Wizaz.pl - Podgląd pojedynczej wiadomości - Dobry fryzjer w Gliwicach
Podgląd pojedynczej wiadomości
Stary 2014-11-05, 22:44   #1027
AnnaDobrowolska1
Przyczajenie
 
Avatar AnnaDobrowolska1
 
Zarejestrowany: 2014-11
Lokalizacja: Gliwice
Wiadomości: 1
Dot.: Dobry fryzjer w Gliwicach

Cytat:
Napisane przez Kasiek1987 Pokaż wiadomość
W zeszłym tygodniu odwiedziłam salon Amalia, zeby w koncu spełnić swoje małe marzenie o miodowym blondzie (dotychczas miałam włosy farbowane na brąz na poziomie 5-6).
Na plus: krótki czas oczekiwania na wizytę - wolny termin był za 2 dni. Zdecydowałam się na dekoloryzację i farbowanie.
Przyjęła mnie pani Ania. Opowiedziałam jej, o jaki kolor mi chodzi, zaproponowałam też, że chciałabym jakiś ciemniejszy akcent na grzywce, żebym nie była w całości taka jasna. Niestety pani Ania stwierdziła, że lepiej będzie jednolicie na całości.
Zaczęła nakładać mi mieszankę do dekoloryzacji (która później okazała się pudrem rozjaśniającym) od tyłu i na odrosty, mimo tego, że powiedziałam jej, że na końcach mam pozostałości po ciemniejszej farbie, a niedawno nakładam braz 6.0 na całość.
W efekcie tył i odrost rozjaśnił się o ton bardziej, niż dłuższa grzywka. Poza tym strasznie wolno nakladała mi tą mieszankę, przyspieszyła dopiero, jak zobaczyła, że tył i boki bardzo szybko się odbarwiają.
Następnie mieszanka została spłukana i na myjce miałam nakładaną farbę i masowaną przez kilkanaście minut.
Kolor zamiast miodowego blondu wyszedł miodowo-marchewkowy, ale podobno szybko miał się wypłukać do właściwego koloru.
Po wysuszeniu pani stwierdziła, że aż sama się dziwi, że przy pierwszym podejściu tak ładnie równo wyszło...
Po kilku myciach kolor zaczął sie wypłukiwać do bardziej miodowego, ale zaczelo być widać, ze boki i tył sa jaśniejsze od grzywki.
Poza tym włosy są dość mocno zniszczone, zwłaszcza z tyłu.

A, jeszcze w międzyczasie jak siedziałam z mieszanką odbarwiającą, to podeszła jakaś inna babka (wysoka blondynka z krótkimi włosami) i powiedziała, że nałożą mi trochę ciemniejszą farbę, bo na rozjaśnionych włosach szybko się wypłucze do właściwego koloru.

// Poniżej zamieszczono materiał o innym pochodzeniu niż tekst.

-- ===== src/Tensorflow/Local/Needs.antt =====
-- What `Action` of a local job asks for, and the labels of the pod that it prepares.
use kubeflow_controller.Common.{
  String, Option, none, some, List, [], ◌∷◌, ◌≡◌, arith, ◌==◌, ◌||◌, if◌then◌else◌, length,
}
use kubeflow_controller.Common.Int.{ℤ, pos, ltb_ℤ, ◌-ℤ◌}
use kubeflow_controller.Common.Map.{Map}
use kubeflow_controller.Common.Outcome.{ok}
use kubeflow_controller.Api.{
  PodTemplateSpec, Pod, TfReplicaSpec, TfJob, set_runtime_id, set_template,
}
use kubeflow_controller.Controller.Labels.{match_labels}
use kubeflow_controller.Tensorflow.Types.{should_add_worker, nothing_event, NameGenerator}
use kubeflow_controller.Tensorflow.Local.{LocalJob, new_local_job, compose, action}

-- A job whose first replica spec gives its type and its pod template.
pub record HasTemplate (job : TfJob) : Type 0 where
  pub spec : TfReplicaSpec
  pub others : List TfReplicaSpec
  pub typ : String
  pub template : PodTemplateSpec
  pub specs_lem : job.spec.specs ≡ spec ∷ others
  pub typ_lem : spec.tf_replica_type ≡ some typ
  pub template_lem : spec.template ≡ some template

-- The labels of the first replica spec's template.
abbrev pub labels_of : List TfReplicaSpec → Option (Map String)
labels_of [] = none
labels_of (spec ∷ specs) = elim spec.template [ none ↦ none | some template ↦ template.labels ]

module _ (names : NameGenerator) where
  open names use {Gen, generate}

  -- The job with a fresh runtime ID, and with the labels that go with it.
  abbrev pub composed : (job : TfJob) → HasTemplate job → String → TfJob
  composed job h id =
      let job' = set_runtime_id id job in
      set_template 0 h.spec (record h.template { labels = some (match_labels job' h.typ) }) job'

  compose_lem :
      (lj : LocalJob) (gen : Gen) (h : HasTemplate lj.tf_job)
      → compose names (lj, gen) ≡ (
        ok tt,
        (record lj { tf_job = composed lj.tf_job h (generate "" gen).0 }, (generate "" gen).1),
      )
  unfolding compose match_labels
  compose_lem lj gen h = ground arith

  -- For a local job whose first spec has a type and a template, Action asks for one pod unless a pod has succeeded or exactly one pod is active, and for
  -- nothing otherwise.
  pub local_action_asks :
      (job : TfJob) (pods : List Pod) (succeeded : ℤ) (gen : Gen)
      → HasTemplate job
      → (action names (new_local_job job pods succeeded, gen)).0
        ≡ ok (
            if ltb_ℤ (pos 0) succeeded || length pods == 1
            then nothing_event
            else record { action = should_add_worker; number = pos 1 })
  unfolding action new_local_job ◌-ℤ◌
  local_action_asks job [] succeeded gen h =
      ground (arith, compose_lem (new_local_job job [] succeeded) gen h)
  local_action_asks job (pod ∷ []) succeeded gen h = ground arith
  local_action_asks job (pod ∷ pod' ∷ pods) succeeded gen h =
      ground (arith, compose_lem (new_local_job job (pod ∷ pod' ∷ pods) succeeded) gen h)

  -- When Action of such a local job asks for a pod, the job has a fresh runtime ID, and the template's labels are those by
  -- which the pods of the job, as it is now, are looked up; the rest of the job is as it was.
  local_action_labels :
      (job : TfJob) (pods : List Pod) (succeeded : ℤ) (gen : Gen)
      → (h : HasTemplate job)
      → (action names (new_local_job job pods succeeded, gen)).0
        ≡ ok (record { action = should_add_worker; number = pos 1 })
      → let job' = (action names (new_local_job job pods succeeded, gen)).1.0.tf_job in
        (labels_of job'.spec.specs ≡ some (match_labels job' h.typ))
        × (job'.spec.runtime_id ≡ (generate "" gen).0)
        × (job'.metadata ≡ job.metadata)
        × (job'.status ≡ job.status)
  unfolding action new_local_job match_labels
  local_action_labels job [] succeeded gen h e =
      ground (arith, compose_lem (new_local_job job [] succeeded) gen h)
  local_action_labels job (pod ∷ []) succeeded gen h e = ground arith
  local_action_labels job (pod ∷ pod' ∷ pods) succeeded gen h e =
      ground (arith, compose_lem (new_local_job job (pod ∷ pod' ∷ pods) succeeded) gen h)

  -- When Action of such a local job asks for nothing, neither the job nor the name generator has changed.
  pub local_action_quiet :
      (job : TfJob) (pods : List Pod) (succeeded : ℤ) (gen : Gen)
      → HasTemplate job
      → (action names (new_local_job job pods succeeded, gen)).0 ≡ ok nothing_event
      → ((action names (new_local_job job pods succeeded, gen)).1.0.tf_job ≡ job)
        × ((action names (new_local_job job pods succeeded, gen)).1.1 ≡ gen)
  unfolding action new_local_job ◌-ℤ◌
  local_action_quiet job [] succeeded gen h e =
      ground (arith, compose_lem (new_local_job job [] succeeded) gen h)
  local_action_quiet job (pod ∷ []) succeeded gen h e = ground arith
  local_action_quiet job (pod ∷ pod' ∷ pods) succeeded gen h e =
      ground (arith, compose_lem (new_local_job job (pod ∷ pod' ∷ pods) succeeded) gen h)

  -- Of a local job without pods Action asks for one, and the job is composed.
  pub local_action_starts :
      (job : TfJob) (gen : Gen) (h : HasTemplate job)
      → let lj = new_local_job job [] (pos 0) in
        action names (lj, gen) ≡ (
          ok (record { action = should_add_worker; number = pos 1 }),
          (record lj { tf_job = composed job h (generate "" gen).0 }, (generate "" gen).1),
        )
  unfolding action new_local_job ◌-ℤ◌
  local_action_starts job gen h = ground (arith, compose_lem (new_local_job job [] (pos 0)) gen h)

Nie wiem, co w końcu miałam nałożone, bo kolor i tak wyszedł jaśniejszy i inny od tego, co pokazywała na palecie.
Generalnie nie czułam się zbyt pewnie na fotelu - na pewno nie jak w rękach profesjonalisty. Na pewno już tam nie wrócę, zresztą blond chyba nie jest dla mnie.
Witam.
Jest nam niezmiernie przykro z powodu zaistniałej sytuacji, pragnę również poinformować, że w/w Pani Ania nie pracuje już w naszym salonie. Chciałabym sprostować też kwestię imienia, gdyż na salonie były dwie Anie, z czego Pani trafiła na osobę, która była u nas na okresie próbnym.
Serdecznie przepraszamy i jeżeli zechce Pani, zapraszamy ponownie do naszego salonu, podobne sytuacje już nie powinny mieć miejsca.
Prosimy następnym razem o informację, jeżeli są kwestie, które niepokoją klienta - jesteśmy otwarci na rozmowy.
Pozdrawiam,
Anna Dobrowolska

---------- Dopisano o 23:44 ---------- Poprzedni post napisano o 23:43 ----------

Cytat:
Napisane przez ronie Pokaż wiadomość
Wieści z pola walki o dobrą fryzurę w Gliwicach prezentują się następująco:

Studio Stella - Obcinała mnie Pani o blond włosach. Poszłam z krótka fryzurą w celu jej odnowienia. Pani bardzo fajnie mi doradziła , nie dużo podcięła ale fryzura od razu nabrała nowego świeżego powiewu , szkoda tylko że utrzymała się przez miesiąc. Za podcięcie grzywki i tyłu na krótkich włosach zapłaciłam 55zl( cennik ze strony 50-60zl , nie jest dokładnie podane ile kosztuje jaka długość , choć chyba jest znaczna różnica między podcięciem a ścięciem z długich na krótkie a takie minimalne różnice cenowe na niekorzyść tych kosmetycznych cięć).
Miałam kupon zniżkowy z facebooka i zamiast 55 zapłaciłam 45 chociaż kupon był na 10%.

Następna wizyta Amalia u p.Magdy, potrzebowałam podobnej usługi - czyli odświeżenie na krótkich włosach . Widać że Pani zna się na swoim zawodzie .
Co mnie zaskoczyło na minus to polityka informacyjna tego salonu. Zapłaciłam za krótkie włosy 50zl mimo tego że na stronie oraz w salonie jest cena 40zl - albo cennik sie zmienił i klientek nie poinformowano albo panie fryzjerki decydują samodzielnie ile kosztuje strzyżenie, bo poprzednio w tym salonie za strzyżenie na dłuższych włosach płaciłam 40zł.
Na stronie www też jest masa informacji o promocjach a później na miejscu w salonie okazuje się że sa już dawno nieaktualne.
Wypadałoby na bieżąco aktualizować stronę albo przynajmniej podawać dokładną datę promocji .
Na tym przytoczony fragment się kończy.